In the fall of my 20th year I began attending a new school in Philadelphia.
bike rides and rain and echoing halls. lots of girls. Moore College of Art and Design was open exclusively to females. I liked the independence. i was giddy about being in an art school. i was numbingly intimidated. I liked the idea of living in the city. i didn't like living in the city. I like my teacher's hands. I cried alot. I made new friends--they were my first friends who didn't know my family. More importantly, they didn't know my sisters. just me. scary. finally! this was what i wanted but what i wanted was hard. even though i lived with people, i lived alone. i learned more about what i wanted. i learned more about everything. i learned painfully but quickly. i loved learning.
In the spring of my 21st year and as a junior in college, I moved to Colorado.

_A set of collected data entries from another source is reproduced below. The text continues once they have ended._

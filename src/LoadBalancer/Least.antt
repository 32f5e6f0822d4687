-- ===== src/LoadBalancer/Least.antt =====
-- The least-connections balancer picks a healthy target that no healthy one undercuts.
use corridor.Prelude.{
  ℕ, ◌≡◌, refl, sym, ◌∙◌, ap, subst, inl, inr, List, [], ◌∷◌, Option, none, some, ok, true, false,
  arith, Bool-cases,
}
use corridor.Prelude.Int.{ℤ, negsuc, ltb_ℤ, ◌≤ℤ◌}
use corridor.LoadBalancer.Target.{Store, is_healthy, get_active_connections}
use corridor.LoadBalancer.Next.{least_loop, next_least, or_no_healthy}
use corridor.LoadBalancer.Sound.{IsLive, least_loop-IsLive}

-- No healthy target of the list has fewer connections.
abbrev pub IsLowest : Store → List ℕ → ℕ → Type 0
IsLowest h ts a = (b : ℕ) → IsLive h ts b → get_active_connections h a ≤ℤ get_active_connections h b

abbrev Minimum : Store → Option ℕ → ℤ → List ℕ → Type 0
Minimum h best least xs =
    (a : ℕ) × (least_loop h best least xs ≡ some a)
    × (get_active_connections h a ≤ℤ least)
    × IsLowest h xs a

IsLowest-cons :
    (h : Store) (a x : ℕ) (xs : List ℕ)
    → (is_healthy h x ≡ true → get_active_connections h a ≤ℤ get_active_connections h x)
    → IsLowest h xs a
    → IsLowest h (x ∷ xs) a
IsLowest-cons h a x xs here there b (inl e, well) =
    subst (λ y. get_active_connections h a ≤ℤ get_active_connections h y) (sym e)
      (here (sym (ap (is_healthy h) e) ∙ well))
IsLowest-cons h a x xs here there b (inr m, well) = there b (m, well)

-- Once a best target is known the loop ends on one at least as good as all that it has seen.
least_loop-Minimum :
    (h : Store) (y : ℕ) (least : ℤ) (xs : List ℕ)
    → least ≡ get_active_connections h y
    → Minimum h (some y) least xs
unfolding least_loop
least_loop-Minimum h y least [] e = (y, refl, rw e (omega arith), λ b (m, _). absurd m)
least_loop-Minimum h y least (x ∷ xs) e = elim (Bool-cases (is_healthy h x)) [
  | inl well ↦ elim (Bool-cases (ltb_ℤ (get_active_connections h x) least)) [
    | inl fewer ↦
        let (a, found, le, low) = least_loop-Minimum h x (get_active_connections h x) xs refl in
        (a, rw (well, fewer) found, ground arith, IsLowest-cons h a x xs (λ _. le) low)
    | inr more ↦
        let (a, found, le, low) = least_loop-Minimum h y least xs e in
        (a, rw (well, more) found, le, IsLowest-cons h a x xs (λ _. ground arith) low)
  ]
  | inr sick ↦
      let (a, found, le, low) = least_loop-Minimum h y least xs e in
      (a, rw sick found, le, IsLowest-cons h a x xs (λ well. absurd (cc)) low)
]

least_loop-none :
    (h : Store) (least : ℤ) (xs : List ℕ) (b : ℕ)
    → IsLive h xs b
    → (a : ℕ) × (least_loop h none least xs ≡ some a) × IsLowest h xs a
unfolding least_loop
least_loop-none h least [] b (m, well) = absurd m
least_loop-none h least (x ∷ xs) b live = elim (Bool-cases (is_healthy h x)) [
  | inl well ↦
      let (a, found, le, low) = least_loop-Minimum h x (get_active_connections h x) xs refl in
      (a, rw well found, IsLowest-cons h a x xs (λ _. le) low)
  | inr sick ↦
      let (a, found, low) = least_loop-none h least xs b (later live sick) in
      (a, rw sick found, IsLowest-cons h a x xs (λ well. absurd (cc)) low)
]
  where
    later : IsLive h (x ∷ xs) b → is_healthy h x ≡ false → IsLive h xs b
    later (inl e, well) sick = absurd (cc)
    later (inr m, well) sick = (m, well)

-- If some target is healthy, the least-connections balancer returns a healthy target of its own
-- than which no healthy target of its list has fewer active connections.
pub next_least-IsLowest :
    (h : Store) (ts : List ℕ) (b : ℕ)
    → IsLive h ts b
    → (a : ℕ) × (next_least h ts ≡ ok a) × IsLive h ts a × IsLowest h ts a
unfolding next_least
next_least-IsLowest h [] b (m, well) = absurd m
next_least-IsLowest h (t ∷ ts) b live =
    let (a, found, low) = least_loop-none h (negsuc 0) (t ∷ ts) b live in
    (
      a,
      ap or_no_healthy found,
      least_loop-IsLive h (t ∷ ts) none (negsuc 0) (t ∷ ts) a (λ c f. cc) (λ c m. m) found,
      low,
    )
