-- ===== src/LoadBalancer/Available.antt =====
-- No balancer fails while it has a healthy target.
use corridor.Prelude.{
  ℕ, ◌+◌, ◌<◌, ◌≤◌, ◌^◌, ◌≡◌, refl, ◌∙◌, ap, subst, inl, inr, List, [], ◌∷◌, Option, none, some, ok,
  In, length, get_elem?, get_elem?_total, arith, Bool-cases,
}
use corridor.Prelude.Int.{pos, leb_ℤ}
use corridor.LoadBalancer.Target.{Store}
use corridor.LoadBalancer.Next.{
  LoadBalancer, round_robin, random, weighted_random, least_connections, Picked, element,
  healthy_targets, pick_random, or_last, total_weight, next_random, next_weighted, weigh, next,
  targets,
}
use corridor.LoadBalancer.Sound.{IsLive, LivePick, healthy_targets_iff, next-LivePick}
use corridor.LoadBalancer.RoundRobin.{next_round_robin_finds}
use corridor.LoadBalancer.Weighted.{among_some, next_weighted-weigh}
use corridor.LoadBalancer.Least.{next_least-IsLowest}

-- A round robin's targets number less than 2^32, and its counter does not pass its end.
abbrev pub HasRoom : LoadBalancer → Type 0
HasRoom (round_robin name ts i) = (length ts < 2 ^ 32) × (i + length ts ≤ 2 ^ 32)
HasRoom (random name ts) = Unit {0}
HasRoom (weighted_random name ts) = Unit {0}
HasRoom (least_connections name ts) = Unit {0}

-- `Intn` returns a number below its argument.
abbrev pub Draws : (ℕ → ℕ) → Type 0
Draws intn = (n : ℕ) → 0 < n → intn n < n

abbrev IsOk : Picked → Type 0
IsOk p = (a : ℕ) × (p ≡ ok a)

length_pos : (a : ℕ) (xs : List ℕ) → In a xs → 0 < length xs
length_pos a [] m = absurd m
length_pos a (x ∷ xs) m = omega arith

element-IsOk : (xs : List ℕ) (i : ℕ) → i < length xs → IsOk (element (get_elem? xs i))
element-IsOk xs i h = let (a, e) = get_elem?_total xs i h in (a, ap element e)

module _ (h : Store) (intn : ℕ → ℕ) (draws : Draws intn) where
  pick_random-IsOk : (xs : List ℕ) → 0 < length xs → IsOk (pick_random xs intn)
  unfolding pick_random
  pick_random-IsOk xs some_target = element-IsOk xs _ (draws (length xs) some_target)

  or_last-IsOk : (xs : List ℕ) (o : Option ℕ) → 0 < length xs → IsOk (or_last xs o)
  or_last-IsOk xs none some_target = element-IsOk xs _ (omega arith)
  or_last-IsOk xs (some a) some_target = (a, refl)

  weigh-IsOk : (xs : List ℕ) → 0 < length xs → IsOk (weigh h intn xs)
  unfolding weigh
  weigh-IsOk xs some_target = elim (Bool-cases (leb_ℤ (total_weight h (pos 0) xs) (pos 0))) [
    | inl light ↦ rw light (pick_random-IsOk xs some_target)
    | inr heavy ↦ rw heavy (or_last-IsOk xs _ some_target)
  ]

  next_random-IsOk : (ts : List ℕ) (b : ℕ) → IsLive h ts b → IsOk (next_random h intn ts)
  unfolding next_random
  next_random-IsOk [] b (m, well) = absurd m
  next_random-IsOk (t ∷ ts) b live =
      let m = (healthy_targets_iff h (t ∷ ts) b).1 live in
      let (a, e) = pick_random-IsOk (healthy_targets h (t ∷ ts)) (length_pos b _ m) in
      (a, among_some b _ _ m ∙ e)

  next_weighted-IsOk : (ts : List ℕ) (b : ℕ) → IsLive h ts b → IsOk (next_weighted h intn ts)
  next_weighted-IsOk ts b live =
      let m = (healthy_targets_iff h ts b).1 live in
      let (a, e) = weigh-IsOk (healthy_targets h ts) (length_pos b _ m) in
      (a, next_weighted-weigh h intn ts b live ∙ e)

  next-IsOk :
      (lb : LoadBalancer) (b : ℕ) → HasRoom lb → IsLive h (targets lb) b → IsOk (next h intn lb).0
  unfolding next
  next-IsOk (round_robin name ts i) b (small, room) live =
      next_round_robin_finds h ts (length_pos b ts live.0) small i b room live
  next-IsOk (random name ts) b room live = next_random-IsOk ts b live
  next-IsOk (weighted_random name ts) b room live = next_weighted-IsOk ts b live
  next-IsOk (least_connections name ts) b room live =
      let (a, e, _, _) = next_least-IsLowest h ts b live in (a, e)

-- If draws are in range and a round robin's counter does not pass its end, `Next` of every
-- strategy returns a target as soon as one of the balancer's targets is healthy, and the target
-- that it returns is a healthy one of its own.
pub next-IsLive :
    (h : Store) (intn : ℕ → ℕ) (lb : LoadBalancer) (b : ℕ)
    → Draws intn
    → HasRoom lb
    → IsLive h (targets lb) b
    → (a : ℕ) × ((next h intn lb).0 ≡ ok a) × IsLive h (targets lb) a
next-IsLive h intn lb b draws room live =
    let (a, e) = next-IsOk h intn draws lb b room live in
    (a, e, subst (LivePick h (targets lb)) e (next-LivePick h intn lb))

I decided i wanted eric in my life all the time. for a long time. possibly forever. i didnt want skype calls or phone calls or letters or packages in the mail. i wanted to walk beside him in silence and for him to meet me after a long day and give me a hug. i wanted him to make me laugh and have a light heart. i moved to colorado to be closer to him. i cried more than i had in philadelphia. my eyes were always red. i cried daily. every night. it was like brushing my teeth. i didn't know what i wanted. i never doubted that i wanted eric. i began hating alot. i hated almost everything except eric. there was no joy left. every inch was covered with disappoinment. i remember sitting on a bench on a sunny day in a park. there were geese on the lake. it was a public park. and i was just crying. i had cried so much it was no longer embarrassing. and i was angry so i didn't care that much. and then i went to church and i took notes and jesus saved me from my bitterness.
In the summer of my 22nd year, I married my boyfriend.
i wore a gown. it was really hot. he wore a white shirt that we picked out together at EXPRESS MEN. it was $50. i thought it was really expensive but i thought it looked so good on him. so we got it. and i worried the whole month of june. and all the way until july 31st and then i didn't worry anymore. i couldn't. i was just happy. i felt the happiness starting in my chest and going right out onto my ears and into my hair and beneath my toe nails. i felt how easy it was to smile and to keep smiling. all day. i didn't want to do anything but be nice to people because eric was so nice for liking me. he made me all sorts of promises that he said he would keep. he promised to stay with me all the time. no matter what. it was a huge celebration of nice. we wore pretty things and said pretty things. we danced and ate burritos and had pie. we got gifts and heard nice things from people. i loved hearing what people said to me but also felt like i wasn't in reality. i was happy to leave in my gown with my one person. it's funny how 300 of my closest friends is also just as preferable as being with just eric.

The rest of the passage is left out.